The nature of any resistant-type training will make it practical by default ie; you will be able to use it because you HAVE used it. The major players in groundfighting are wrestling, sambo, brazilian jujitsu and judo. All are good arts with different emphasis. Judo and wrestling are good for throws and takedowns, BJJ and sambo are good for submissions.

Check out the schools in your area and see which one you like best.


----------



## meth18au (Jul 18, 2007)

Thanks Matt.  So I guess they're the four main options available to me.  I think throws and takedowns are what I'm after, so I'm gonna give it a try.  I'm going down tomorrow to see a local MMA club that has wrestling classes on Wednesday nights- which is exactly the night I was looking to train a ground art. 
 Any advice on how to tell a dodgy teacher from a good one?  I really got no idea what I'm looking for, my exposure to these arts are limited to the internet and watching UFC!!


----------



## KamonGuy2 (Jul 18, 2007)

Some BJJ schools do no-Gi training, to make it a lot more realistic. 

Other martial arts cover the takedown side (wing chun has many takedowns etc). 

As for dodgy teachers that's a hard one.
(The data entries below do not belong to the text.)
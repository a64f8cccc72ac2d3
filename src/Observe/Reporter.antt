-- ===== src/Observe/Reporter.antt =====
-- packages/bare-observe/src/reporters.ts: events to a viewer over a WebSocket that may be down.
-- A frame is `A`. The host's parts are parameters: whether `new WebSocket` returns, and whether the
-- `n`-th `send` does, with JSON.stringify in it. The current socket's state changes between the calls,
-- by `set_ready`; its handlers, and those of a socket that was replaced, are called after that.
pub mod Queue
pub mod Flush
use bare_network_inspect.Base.{
  ℕ, suc, ◌+◌, ◌<◌, Bool, true, false, not, ◌&&◌, ◌||◌, Option, none, some, List, [], ◌∷◌, ◌++◌,
  length, ltb, drop, if◌then◌else◌,
}

-- `readyState`.
pub data ReadyState : Type 0 where
  connecting : ReadyState
  open_state : ReadyState
  closing : ReadyState
  closed_state : ReadyState

-- The current socket if any, what waits, and what the sockets have been given to send, oldest first.
pub record Reporter (A : Type 0) : Type 0 where
  pub ws : Option ReadyState
  pub queue : List A
  pub closed : Bool
  pub sent : List A
  pub sends : ℕ
  pub reconnects : ℕ

abbrev pub new_reporter : {A : Type 0} → Reporter A
new_reporter = record {
  ws = none;
  queue = [];
  closed = false;
  sent = [];
  sends = 0;
  reconnects = 0;
}

unfoldable pub is_live : ReadyState → Bool
is_live connecting = true
is_live open_state = true
is_live s = false

unfoldable pub is_open : Option ReadyState → Bool
is_open (some open_state) = true
is_open s = false

-- Whether `ensure` leaves the socket: `ws && (ws.readyState === 0 || ws.readyState === 1)`.
unfoldable pub is_connected : Option ReadyState → Bool
is_connected none = false
is_connected (some s) = is_live s

-- `ensure`; `has_impl` is whether there is a WebSocket class, `constructs` whether `new` returns.
unfoldable pub ensure : {A : Type 0} → (has_impl constructs : Bool) → Reporter A → Reporter A
ensure has_impl constructs r =
    if r.closed || not has_impl
    then r
    else if is_connected r.ws
    then r
    else record r { ws = if constructs then some connecting else none }

module _ {A : Type 0} (max_queue : ℕ) where
  -- `queue.push(ev); if (queue.length > maxQueue) queue.shift();`
  unfoldable pub push_queue : List A → A → List A
  push_queue q ev = let q' = q ++ (ev ∷ []) in if ltb max_queue (length q') then drop 1 q' else q'

  unfoldable pub enqueue : Reporter A → A → Reporter A
  enqueue r ev = record r { queue = push_queue r.queue ev }

  module _ (sends_ok : ℕ → Bool) where
    -- A `send` that throws puts the event in the queue, also where there is no socket to send on.
    unfoldable pub raw_send : Reporter A → A → Reporter A
    raw_send r ev = elim r.ws [
      | none ↦ enqueue r ev
      | some _ ↦
          if sends_ok r.sends
          then record r { sends = suc r.sends; sent = r.sent ++ (ev ∷ []) }
          else enqueue (record r { sends = suc r.sends }) ev
    ]

    unfoldable pub send_all : Reporter A → List A → Reporter A
    send_all r [] = r
    send_all r (ev ∷ evs) = send_all (raw_send r ev) evs

    -- `ws.onopen`: the announcement of the source, if there is one, and what waits.
    unfoldable pub on_open : Option A → Reporter A → Reporter A
    on_open announce r =
        let r' : Reporter A = elim announce [ none ↦ r | some a ↦ raw_send r a ] in
        send_all (record r' { queue = [] }) r'.queue

    -- One round of the loop of `export`.
    unfoldable pub export_event : Reporter A → A → Reporter A
    export_event r ev = if is_open r.ws then raw_send r ev else enqueue r ev

    unfoldable pub export_events : Reporter A → List A → Reporter A
    export_events r [] = r
    export_events r (ev ∷ evs) = export_events (export_event r ev) evs

    unfoldable pub export : (has_impl constructs : Bool) → Reporter A → List A → Reporter A
    export has_impl constructs r batch =
        if r.closed then r else export_events (ensure has_impl constructs r) batch

-- `ws.onclose`: a reconnect is planned unless the reporter is closed.
unfoldable pub on_close : {A : Type 0} → Reporter A → Reporter A
on_close r = record r {
  ws = none;
  reconnects = if r.closed then r.reconnects else suc r.reconnects;
}

-- `close`.
unfoldable pub close : {A : Type 0} → Reporter A → Reporter A
close r = record r { closed = true; ws = none }

-- The socket's own change of state.
unfoldable pub set_ready : {A : Type 0} → ReadyState → Reporter A → Reporter A
set_ready s r = elim r.ws [ none ↦ r | some _ ↦ record r { ws = some s } ]

-- What may happen to a reporter: a call of the app, or of one of the socket's handlers.
pub data Op (A : Type 0) : Type 0 where
  exported : (has_impl constructs : Bool) → (batch : List A) → Op A
  ready : ReadyState → Op A
  opened : (announce : Option A) → Op A
  lost : Op A
  ended : Op A

module _ {A : Type 0} (max_queue : ℕ) (sends_ok : ℕ → Bool) where
  unfoldable pub step : Reporter A → Op A → Reporter A
  step r (exported has_impl constructs batch) =
      export max_queue sends_ok has_impl constructs r batch
  step r (ready s) = set_ready s r
  step r (opened announce) = on_open max_queue sends_ok announce r
  step r lost = on_close r
  step r ended = close r

  unfoldable pub run : Reporter A → List (Op A) → Reporter A
  run r [] = r
  run r (op ∷ ops) = run (step r op) ops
It might be worth seeing them in practice (against a high ranking student) and seeing how they do. 

Most BJJ instructors are very good. However I have known Judo schools to be a little varied in quality


----------



## meth18au (Jul 19, 2007)

What's no-Gi training?  And how does that make it more realistic?


----------



## KamonGuy2 (Jul 19, 2007)

In BJJ, karate, Judo you often wear a Gi or dobok which look like pyjamas. 

These make it easier to do chokes, or for grip etc. 
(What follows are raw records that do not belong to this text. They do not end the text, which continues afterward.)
-- ===== src/Observe/Reporter/Queue.antt =====
-- What a reporter keeps and what it sends.
use bare_network_inspect.Base.{
  ℕ, ◌+◌, ◌-◌, ◌≤◌, ◌<◌, ◌≡◌, refl, ◌∙◌, arith, Bool, true, none, some, List, [], ◌∷◌, ◌++◌, length,
  length-append, length-drop, keep_last, keep_last-snoc, keep_last-le, dec_lt, drop-append_le,
}
use bare_network_inspect.Observe.Reporter.{
  Reporter, push_queue, enqueue, raw_send, send_all, ensure, on_open, on_close, export_event,
  export_events, export, close, set_ready, Op, exported, ready, opened, lost, ended, step, run,
}

module _ {A : Type 0} (max_queue : ℕ) where
  pub push_queue-keep_last :
      (seen : List A) (ev : A)
      → 0 < max_queue
      → push_queue max_queue (keep_last max_queue seen) ev ≡ keep_last max_queue (seen ++ (ev ∷ []))
  unfolding push_queue
  push_queue-keep_last seen ev h = elim (dec_lt max_queue (length seen + 1)) [
    | yes k ↦
        let q = keep_last max_queue seen in
        let n : length q ≡ max_queue = omega (arith, length-drop (length seen - max_queue) seen) in
        ground (
          arith,
          length-append q (ev ∷ []),
          drop-append_le 1 q (ev ∷ []) (omega arith),
          keep_last-snoc max_queue seen ev k h,
        )
    | no k ↦ ground (
      arith,
      keep_last-le max_queue seen (omega arith),
      keep_last-le max_queue (seen ++ (ev ∷ [])) (omega (arith, length-append seen (ev ∷ []))),
      length-append seen (ev ∷ []),
    )
  ]

  push_queue-le :
      (q : List A) (ev : A) → length q ≤ max_queue → length (push_queue max_queue q ev) ≤ max_queue
  unfolding push_queue
  push_queue-le q ev h = ground (arith, length-append q (ev ∷ []), length-drop 1 (q ++ (ev ∷ [])))

  module _ (sends_ok : ℕ → Bool) where
    raw_send-le :
        (r : Reporter A) (ev : A)
        → length r.queue ≤ max_queue
        → length (raw_send max_queue sends_ok r ev).queue ≤ max_queue
    unfolding raw_send enqueue
    raw_send-le r ev h = ground (arith, push_queue-le r.queue ev h)

    send_all-le :
        (r : Reporter A) (evs : List A)
        → length r.queue ≤ max_queue
        → length (send_all max_queue sends_ok r evs).queue ≤ max_queue
    unfolding send_all
    send_all-le r [] h = h
    send_all-le r (ev ∷ evs) h =
        send_all-le (raw_send max_queue sends_ok r ev) evs (raw_send-le r ev h)

    export_events-le :
        (r : Reporter A) (evs : List A)
        → length r.queue ≤ max_queue
        → length (export_events max_queue sends_ok r evs).queue ≤ max_queue
    unfolding export_events export_event enqueue
    export_events-le r [] h = h
    export_events-le r (ev ∷ evs) h =
        export_events-le (export_event max_queue sends_ok r ev) evs
          (ground (arith, raw_send-le r ev h, push_queue-le r.queue ev h))

    step-le :
        (r : Reporter A) (op : Op A)
        → length r.queue ≤ max_queue
        → length (step max_queue sends_ok r op).queue ≤ max_queue
    unfolding step export ensure set_ready on_open on_close close
    step-le r (exported i c batch) h = ground (arith, export_events-le (ensure i c r) batch)
    step-le r (ready s) h = ground arith
    step-le r (opened none) h = send_all-le (record r { queue = [] }) r.queue (omega arith)
    step-le r (opened (some a)) h =
        let r' = raw_send max_queue sends_ok r a in
        send_all-le (record r' { queue = [] }) r'.queue (omega arith)
    step-le r lost h = h
    step-le r ended h = h

    -- A queue of at most maxQueue events stays within that, after any calls and events of the sockets.
    pub run-le :
        (r : Reporter A) (ops : List (Op A))
        → length r.queue ≤ max_queue
        → length (run max_queue sends_ok r ops).queue ≤ max_queue
    unfolding run
    run-le r [] h = h
    run-le r (op ∷ ops) h = run-le (step max_queue sends_ok r op) ops (step-le r op h)

    send_all-unsent :
        (r : Reporter A) (evs : List A)
        → r.ws ≡ none
        → ((send_all max_queue sends_ok r evs).sent ≡ r.sent)
          × ((send_all max_queue sends_ok r evs).ws ≡ none)
          × ((send_all max_queue sends_ok r evs).closed ≡ r.closed)
    unfolding send_all raw_send enqueue
    send_all-unsent r [] h = (refl, h, refl)
    send_all-unsent r (ev ∷ evs) h =
        let k = send_all-unsent (raw_send max_queue sends_ok r ev) evs (ground arith) in
        (ground (arith, k.0), ground (arith, k.1), ground (arith, k.2))

    -- What a closed reporter is, and stays.
    abbrev IsClosed : Reporter A → Type 0
    IsClosed r = (r.closed ≡ true) × (r.ws ≡ none)

    step-IsClosed :
        (r : Reporter A) (op : Op A)
        → IsClosed r
        → ((step max_queue sends_ok r op).sent ≡ r.sent) × IsClosed (step max_queue sends_ok r op)
    unfolding step export set_ready on_open on_close close raw_send enqueue send_all
    step-IsClosed r (exported i c batch) h =
        (ground (arith, h.0), (ground (arith, h.0), ground (arith, h.0, h.1)))
    step-IsClosed r (ready s) h =
        (ground (arith, h.1), (ground (arith, h.0, h.1), ground (arith, h.1)))
    step-IsClosed r (opened none) h =
        let k = send_all-unsent (record r { queue = [] }) r.queue h.1 in (k.0, (k.2 ∙ h.0, k.1))
    step-IsClosed r (opened (some a)) h =
        let r' = raw_send max_queue sends_ok r a in
        let u = send_all-unsent r (a ∷ []) h.1 in
        let k = send_all-unsent (record r' { queue = [] }) r'.queue u.1 in
        (k.0 ∙ u.0, (k.2 ∙ u.2 ∙ h.0, k.1))
    step-IsClosed r lost h = (refl, (h.0, refl))
    step-IsClosed r ended h = (refl, (refl, refl))

    stays :
        (r : Reporter A) (ops : List (Op A))
        → IsClosed r
        → (run max_queue sends_ok r ops).sent ≡ r.sent
    unfolding run
    stays r [] h = refl
    stays r (op ∷ ops) h =
        let k = step-IsClosed r op h in stays (step max_queue sends_ok r op) ops k.1 ∙ k.0

    -- After `close` nothing more is sent, whatever is called and whatever the sockets do.
    pub run-close :
        (r : Reporter A) (ops : List (Op A)) → (run max_queue sends_ok (close r) ops).sent ≡ r.sent
    unfolding close
    run-close r ops = stays (close r) ops (refl, refl)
However, in a streetfight tyhe opponent could be wearing anything (heavy clothes or a light t-shirt)

In these no-Gi sessions, you don't wear a Gi and fight as though you were confronting a dangerous attacker (ie instead of aiming to score points, you are looking to disable them)


----------



## meth18au (Jul 19, 2007)

Yes I've seen the Gi's worn by BJJ guys, didn't realise that was their name!!!!  I guess I'll have to make sure there is no-Gi training available- definitely sounds for the sort of training I'm after.  Takedown, gain control then end the situation!!!  Just out of curiosity- what do you guys tend to do during class?  Is there a heavy cardio aspect, or is it more just straight to the mats to work on technique and spar?


----------



## KamonGuy2 (Jul 20, 2007)

meth18au said:


> Yes I've seen the Gi's worn by BJJ guys, didn't realise that was their name!!!! I guess I'll have to make sure there is no-Gi training available- definitely sounds for the sort of training I'm after. Takedown, gain control then end the situation!!! Just out of curiosity- what do you guys tend to do during class? Is there a heavy cardio aspect, or is it more just straight to the mats to work on technique and spar?
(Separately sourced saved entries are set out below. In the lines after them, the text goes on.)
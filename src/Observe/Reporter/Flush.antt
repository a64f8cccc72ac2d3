-- ===== src/Observe/Reporter/Flush.antt =====
-- What a viewer that connects late is sent.
use bare_network_inspect.Base.{
  ℕ, ◌<◌, ◌≡◌, refl, sym, ap, ◌∙◌, arith, Bool, true, false, some, List, [], ◌∷◌, ◌++◌,
  append_assoc, append-nil, keep_last, keep_last-le,
}
use bare_network_inspect.Observe.Exporter.Delivery.{events}
use bare_network_inspect.Observe.Reporter.{
  Reporter, connecting, open_state, new_reporter, is_open, is_connected, is_live, enqueue, raw_send,
  send_all, ensure, on_open, export_event, export_events, export, set_ready, Op, exported, ready,
  opened, step, run,
}
use bare_network_inspect.Observe.Reporter.Queue.{push_queue-keep_last}

module _ {A : Type 0} where
  -- The flusher's calls, one for each batch.
  abbrev pub exports : List (List A) → List (Op A)
  exports [] = []
  exports (batch ∷ batches) = exported true true batch ∷ exports batches

  -- A reporter whose first socket is not open yet.
  abbrev down : List A → Reporter A
  down q = record {
    ws = some connecting;
    queue = q;
    closed = false;
    sent = [];
    sends = 0;
    reconnects = 0;
  }

  module _ (max_queue : ℕ) (sends_ok : ℕ → Bool) where
    run-append :
        (r : Reporter A) (xs ys : List (Op A))
        → run max_queue sends_ok r (xs ++ ys)
          ≡ run max_queue sends_ok (run max_queue sends_ok r xs) ys
    unfolding run
    run-append r [] ys = refl
    run-append r (x ∷ xs) ys = run-append (step max_queue sends_ok r x) xs ys

    waiting :
        (seen evs : List A)
        → 0 < max_queue
        → export_events max_queue sends_ok (down (keep_last max_queue seen)) evs
          ≡ down (keep_last max_queue (seen ++ evs))
    unfolding export_events export_event is_open enqueue
    waiting seen [] h = ap (λ (q : List A). down (keep_last max_queue q)) (sym (append-nil seen))
    waiting seen (ev ∷ evs) h =
        ap (λ (q : List A). export_events max_queue sends_ok (down q) evs)
          (push_queue-keep_last max_queue seen ev h)
        ∙ waiting (seen ++ (ev ∷ [])) evs h
        ∙ ap (λ (q : List A). down (keep_last max_queue q)) (append_assoc seen (ev ∷ []) evs)

    waiting_all :
        (seen : List A) (batches : List (List A))
        → 0 < max_queue
        → run max_queue sends_ok (down (keep_last max_queue seen)) (exports batches)
          ≡ down (keep_last max_queue (seen ++ events batches))
    unfolding run step export ensure is_connected is_live
    waiting_all seen [] h =
        ap (λ (q : List A). down (keep_last max_queue q)) (sym (append-nil seen))
    waiting_all seen (b ∷ bs) h =
        ap (λ (r : Reporter A). run max_queue sends_ok r (exports bs)) (waiting seen b h)
        ∙ waiting_all (seen ++ b) bs h
        ∙ ap (λ (q : List A). down (keep_last max_queue q)) (append_assoc seen b (events bs))

    module _ (sends : (n : ℕ) → sends_ok n ≡ true) where
      send_all_lem :
          (r : Reporter A) (evs : List A)
          → r.ws ≡ some open_state
          → ((send_all max_queue sends_ok r evs).sent ≡ r.sent ++ evs)
            × ((send_all max_queue sends_ok r evs).queue ≡ r.queue)
      unfolding send_all raw_send
      send_all_lem r [] h = (sym (append-nil r.sent), refl)
      send_all_lem r (ev ∷ evs) h =
          let k =
            send_all_lem (raw_send max_queue sends_ok r ev) evs (ground (arith, sends r.sends)) in
          (
            ground (arith, k.0, sends r.sends, append_assoc r.sent (ev ∷ []) evs),
            ground (arith, k.1, sends r.sends),
          )

      open_lem :
          (a : A) (q : List A)
          → let r = run max_queue sends_ok (down q) (ready open_state ∷ opened (some a) ∷ []) in
            (r.sent ≡ a ∷ q) × (r.queue ≡ [])
      unfolding run step set_ready on_open raw_send
      open_lem a q = rw (sends 0) (
          send_all_lem
            (record {
              ws = some open_state;
              queue = [];
              closed = false;
              sent = a ∷ [];
              sends = 1;
              reconnects = 0;
            })
            q refl)

      -- Batches that are flushed while the first socket connects are sent when it opens: after the
      -- announcement of the source come the newest maxQueue events of all of them, in order, and
      -- nothing waits any more, if no send throws and maxQueue is not 0.
      pub run-opened :
          (a : A) (batch : List A) (batches : List (List A))
          → 0 < max_queue
          → let r =
              run max_queue sends_ok new_reporter
                (exports (batch ∷ batches) ++ (ready open_state ∷ opened (some a) ∷ [])) in
            (r.sent ≡ a ∷ keep_last max_queue (events (batch ∷ batches))) × (r.queue ≡ [])
      unfolding run step export ensure is_connected is_live
      run-opened a batch batches h =
          let started : run max_queue sends_ok new_reporter (exports (batch ∷ batches))
              ≡ run max_queue sends_ok (down []) (exports (batch ∷ batches)) =
            refl in
          let empty = keep_last-le {A = A} max_queue [] (omega arith) in
          let before : run max_queue sends_ok new_reporter (exports (batch ∷ batches))
              ≡ down (keep_last max_queue (events (batch ∷ batches))) =
            started
            ∙ ap (λ (q : List A). run max_queue sends_ok (down q) (exports (batch ∷ batches)))
                (sym empty)
            ∙ waiting_all [] (batch ∷ batches) h in
          rw
            (
              run-append new_reporter (exports (batch ∷ batches))
                  (ready open_state ∷ opened (some a) ∷ []),
              before,
            )
            (open_lem a (keep_last max_queue (events (batch ∷ batches))))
Again it depends on what style and what class you go to. The Gracie Academy in UK (Gracie Barra) do a strong warm up (stretching everyting) and then a good exeercise (push ups, burpees, sit ups, etc), before going into a class. Basics are learnt and then at the end we do sparring 

Some lessons you might work takedowns, other classes may be purely ground based. In the no gi sessions, we tend to swap  arm bars for punches


----------



## meth18au (Jul 25, 2007)

Hey guys,

Thanks to all who posted information to help me in my decision.  I've checked out a few places over the past week or so and have made my decision.  I've found a school that is an MMA school- it teaches mainly BJJ, Muay Thai and Boxing.  It also has 1x wrestling class per week.  Their prices are reasonable and that offer the option for casual classes.  So in 2 weeks time I will be starting casual classes on Wed night in wrestling!!!  Looking forward to it heaps.  After a while I might drop some of my running sessions and do a few BJJ classes in morning or on weekends!!!

Thanks again.


----------